[INFORMATION PROVIDED Boundary: Start]
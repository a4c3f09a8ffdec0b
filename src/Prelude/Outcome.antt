-- ===== src/Prelude/Outcome.antt =====
-- How a piece of the program ends. `fault` is an abnormal end: a failed `assert`, an exception of
-- `std::vector::at`, a null pointer or a read past the end of an array. `out_of_fuel` has no
-- counterpart in the program: it says that a model of a loop was given too little fuel.
use drone_server.Prelude.{◌≡◌, refl, subst, ◌≢◌, Bool, true, false, if◌then◌else◌}

pub data Outcome {ℓ} (A : Type ℓ) : Type ℓ where
  ok : A → Outcome A
  fault : Outcome A
  out_of_fuel : Outcome A

infixl 5 ◌>>=◌
abbrev pub ◌>>=◌ {ℓ κ} : {A : Type ℓ} {B : Type κ} → Outcome A → (A → Outcome B) → Outcome B
ok a >>= f = f a
fault >>= f = fault
out_of_fuel >>= f = out_of_fuel

-- The piece did not run out of fuel, and `P` holds of its result if it ended normally.
abbrev pub Ensures {ℓ} : {A : Type ℓ} → (A → Type 0) → Outcome A → Type 0
Ensures P (ok a) = P a
Ensures P fault = Unit {0}
Ensures P out_of_fuel = ⊥

pub Ensures-bind {ℓ κ} :
    {A : Type ℓ} {B : Type κ} (P : A → Type 0) (Q : B → Type 0) (r : Outcome A) (f : A → Outcome B)
    → Ensures P r
    → ((a : A) → P a → Ensures Q (f a))
    → Ensures Q (r >>= f)
Ensures-bind P Q (ok a) f h k = k a h
Ensures-bind P Q fault f h k = tt
Ensures-bind P Q out_of_fuel f h k = h

pub Ensures-if {ℓ} :
    {A : Type ℓ} (P : A → Type 0) (b : Bool) (x y : Outcome A)
    → (b ≡ true → Ensures P x)
    → (b ≡ false → Ensures P y)
    → Ensures P (if b then x else y)
Ensures-if P true x y h k = h refl
Ensures-if P false x y h k = k refl

pub Ensures-ne-out_of_fuel {ℓ} :
    {A : Type ℓ} (P : A → Type 0) (r : Outcome A) → Ensures P r → r ≢ out_of_fuel
Ensures-ne-out_of_fuel P (ok a) h e = cc
Ensures-ne-out_of_fuel P fault h e = cc
Ensures-ne-out_of_fuel P out_of_fuel h e = h

-- The piece ended normally, and `P` holds of its result.
abbrev pub Yields {ℓ} : {A : Type ℓ} → (A → Type 0) → Outcome A → Type 0
Yields P (ok a) = P a
Yields P fault = ⊥
Yields P out_of_fuel = ⊥

pub Yields-bind {ℓ κ} :
    {A : Type ℓ} {B : Type κ} (P : A → Type 0) (Q : B → Type 0) (r : Outcome A) (f : A → Outcome B)
    → Yields P r
    → ((a : A) → P a → Yields Q (f a))
    → Yields Q (r >>= f)
Yields-bind P Q (ok a) f h k = k a h
Yields-bind P Q fault f h k = absurd h
Yields-bind P Q out_of_fuel f h k = absurd h

pub Yields-imp {ℓ} :
    {A : Type ℓ} (P Q : A → Type 0) (r : Outcome A)
    → Yields P r
    → ((a : A) → P a → Q a)
    → Yields Q r
Yields-imp P Q (ok a) h k = k a h
Yields-imp P Q fault h k = h
Yields-imp P Q out_of_fuel h k = h

pub Ensures-Yields {ℓ} : {A : Type ℓ} (P : A → Type 0) (r : Outcome A) → Yields P r → Ensures P r
Ensures-Yields P (ok a) h = h
Ensures-Yields P fault h = tt
Ensures-Yields P out_of_fuel h = h

-- If the piece ends normally, `P` holds of its result.
abbrev pub Permits {ℓ} : {A : Type ℓ} → (A → Type 0) → Outcome A → Type 0
Permits P (ok a) = P a
Permits P fault = Unit {0}
Permits P out_of_fuel = Unit {0}

pub Permits-bind {ℓ κ} :
    {A : Type ℓ} {B : Type κ} (P : A → Type 0) (Q : B → Type 0) (r : Outcome A) (f : A → Outcome B)
    → Permits P r
    → ((a : A) → P a → Permits Q (f a))
    → Permits Q (r >>= f)
Permits-bind P Q (ok a) f h k = k a h
Permits-bind P Q fault f h k = tt
Permits-bind P Q out_of_fuel f h k = tt

-- What is bound first does not matter to the rest.
pub Permits-after {ℓ κ} :
    {A : Type ℓ} {B : Type κ} (Q : B → Type 0) (r : Outcome A) (f : A → Outcome B)
    → ((a : A) → Permits Q (f a))
    → Permits Q (r >>= f)
Permits-after Q (ok a) f k = k a
Permits-after Q fault f k = tt
Permits-after Q out_of_fuel f k = tt

pub Permits-if {ℓ} :
    {A : Type ℓ} (P : A → Type 0) (b : Bool) (x y : Outcome A)
    → (b ≡ true → Permits P x)
    → (b ≡ false → Permits P y)
    → Permits P (if b then x else y)
Permits-if P true x y h k = h refl
Permits-if P false x y h k = k refl

pub Permits-imp {ℓ} :
    {A : Type ℓ} (P Q : A → Type 0) (r : Outcome A)
    → Permits P r
    → ((a : A) → P a → Q a)
    → Permits Q r
Permits-imp P Q (ok a) h k = k a h
Permits-imp P Q fault h k = tt
Permits-imp P Q out_of_fuel h k = tt

pub Permits-Yields {ℓ} : {A : Type ℓ} (P : A → Type 0) (r : Outcome A) → Yields P r → Permits P r
Permits-Yields P (ok a) h = h
Permits-Yields P fault h = tt
Permits-Yields P out_of_fuel h = tt

pub Permits-both {ℓ} :
    {A : Type ℓ} (P Q : A → Type 0) (r : Outcome A)
    → Permits P r
    → Permits Q r
    → Permits (λ a. P a × Q a) r
Permits-both P Q (ok a) h k = (h, k)
Permits-both P Q fault h k = tt
Permits-both P Q out_of_fuel h k = tt

-- What a piece permits, and what it gave.
pub Permits-given {ℓ} :
    {A : Type ℓ} (P : A → Type 0) (r : Outcome A) (a : A) → r ≡ ok a → Permits P r → P a
Permits-given P r a e h = subst (Permits P) e h

-- A piece that ends normally has what it permits.
pub Yields-Permits {ℓ} :
    {A : Type ℓ} (P : A → Type 0) (r : Outcome A)
    → Yields (λ a. Unit {0}) r
    → Permits P r
    → Yields P r
Yields-Permits P (ok a) h k = k
Yields-Permits P fault h k = h
Yields-Permits P out_of_fuel h k = h
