-- ===== src/Amf0.antt =====
-- src/rtmp/src/DDS/rtmp/amf0/: the values of AMF0, which commands are made of. Here the classes of
-- amf0.h as data and the operations on properties; the children write and read them.
pub mod Writing
pub mod Reading
pub mod Keys
pub mod Encoding
pub mod Standard
pub mod Progress
pub mod Decoding
pub mod RoundTrip
pub mod Termination
pub mod Arrays
mod Examples
use drone_server.Prelude.{Bool, false, if◌then◌else◌, suc, zero, ℕ, ◌||◌}
use drone_server.Prelude.Bytes.{Bytes, bytes_eq}
use drone_server.Prelude.Outcome.{Outcome, fault, ok}

-- AMF0_MARKER.
abbrev pub marker_number : ℕ
marker_number = 0x00

abbrev pub marker_boolean : ℕ
marker_boolean = 0x01

abbrev pub marker_string : ℕ
marker_string = 0x02

abbrev pub marker_object : ℕ
marker_object = 0x03

abbrev pub marker_null : ℕ
marker_null = 0x05

abbrev pub marker_undefined : ℕ
marker_undefined = 0x06

abbrev pub marker_ecma_array : ℕ
marker_ecma_array = 0x08

abbrev pub marker_object_end : ℕ
marker_object_end = 0x09

abbrev pub marker_strict_array : ℕ
marker_strict_array = 0x0a

-- The classes below Amf0Data, each with its `marker`. A `double` is its bit pattern. A pointer to a
-- value can be null.
mutual
  pub data Amf0Data : Type 0 where
    number : ℕ → ℕ → Amf0Data
    boolean : ℕ → Bool → Amf0Data
    string : ℕ → Bytes → Amf0Data
    object : ℕ → Properties → Amf0Data
    object_end : ℕ → Amf0Data
    null : ℕ → Amf0Data
    undefined : ℕ → Amf0Data
    ecma_array : ℕ → Properties → Amf0Data
    strict_array : ℕ → Items → Amf0Data

  pub data Pointer : Type 0 where
    null_pointer : Pointer
    to : Amf0Data → Pointer

  pub data Properties : Type 0 where
    no_properties : Properties
    property : Bytes → Pointer → Properties → Properties

  pub data Items : Type 0 where
    no_items : Items
    item : Pointer → Items → Items

-- The constructors of the classes, with the value they are given.
abbrev pub new_number : ℕ → Amf0Data
new_number val = number marker_number val

abbrev pub new_boolean : Bool → Amf0Data
new_boolean val = boolean marker_boolean val

abbrev pub new_string : Bytes → Amf0Data
new_string val = string marker_string val

abbrev pub new_null : Amf0Data
new_null = null marker_null

-- Amf0ObjectProperty: `std::find_if` of a key.
unfoldable pub has_key : Bytes → Properties → Bool
has_key key no_properties = false
has_key key (property k v ps) = bytes_eq k key || has_key key ps

-- `properties.erase(it)` of the first property with the key.
unfoldable pub erase_key : Bytes → Properties → Properties
erase_key key no_properties = no_properties
erase_key key (property k v ps) = if bytes_eq k key then ps else property k v (erase_key key ps)

unfoldable pub push_property : Properties → Bytes → Pointer → Properties
push_property no_properties key value = property key value no_properties
push_property (property k v ps) key value = property k v (push_property ps key value)

unfoldable pub put : Bytes → Pointer → Properties → Properties
unfolding has_key erase_key push_property
put key value ps = push_property (if has_key key ps then erase_key key ps else ps) key value

unfoldable pub value_at : Bytes → Properties → Pointer
value_at key no_properties = null_pointer
value_at key (property k v ps) = if bytes_eq k key then v else value_at key ps

unfoldable pub count : Properties → ℕ
count no_properties = 0
count (property k v ps) = suc (count ps)

-- `key_at(int)` and `value_at(int)`: a negative index, or one out of range, fails the `assert`.
unfoldable pub key_at : ℕ → Properties → Outcome Bytes
key_at i no_properties = fault
key_at zero (property k v ps) = ok k
key_at (suc i) (property k v ps) = key_at i ps

unfoldable pub value_at_index : ℕ → Properties → Outcome Pointer
value_at_index i no_properties = fault
value_at_index zero (property k v ps) = ok v
value_at_index (suc i) (property k v ps) = value_at_index i ps

unfoldable pub count_items : Items → ℕ
count_items no_items = 0
count_items (item v vs) = suc (count_items vs)

unfoldable pub push_item : Items → Pointer → Items
push_item no_items value = item value no_items
push_item (item v vs) value = item v (push_item vs value)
[INFORMATION PROVIDED Boundary: End]
**INSTRUCTIONS FOR THE TASK**
With the line holding "new_number val = number marker_number val" as the first and the line holding "erase_key key (property" as the last, please transcribe exactly the lines of the material above in that range and nothing else.

**SOLVED EXERCISE**
new_number val = number marker_number val

abbrev pub new_boolean : Bool → Amf0Data
new_boolean val = boolean marker_boolean val

abbrev pub new_string : Bytes → Amf0Data
new_string val = string marker_string val

abbrev pub new_null : Amf0Data
new_null = null marker_null

-- Amf0ObjectProperty: `std::find_if` of a key.
unfoldable pub has_key : Bytes → Properties → Bool
has_key key no_properties = false
has_key key (property k v ps) = bytes_eq k key || has_key key ps

-- `properties.erase(it)` of the first property with the key.
unfoldable pub erase_key : Bytes → Properties → Properties
erase_key key no_properties = no_properties
erase_key key (property k v ps) = if bytes_eq k key then ps else property k v (erase_key key ps)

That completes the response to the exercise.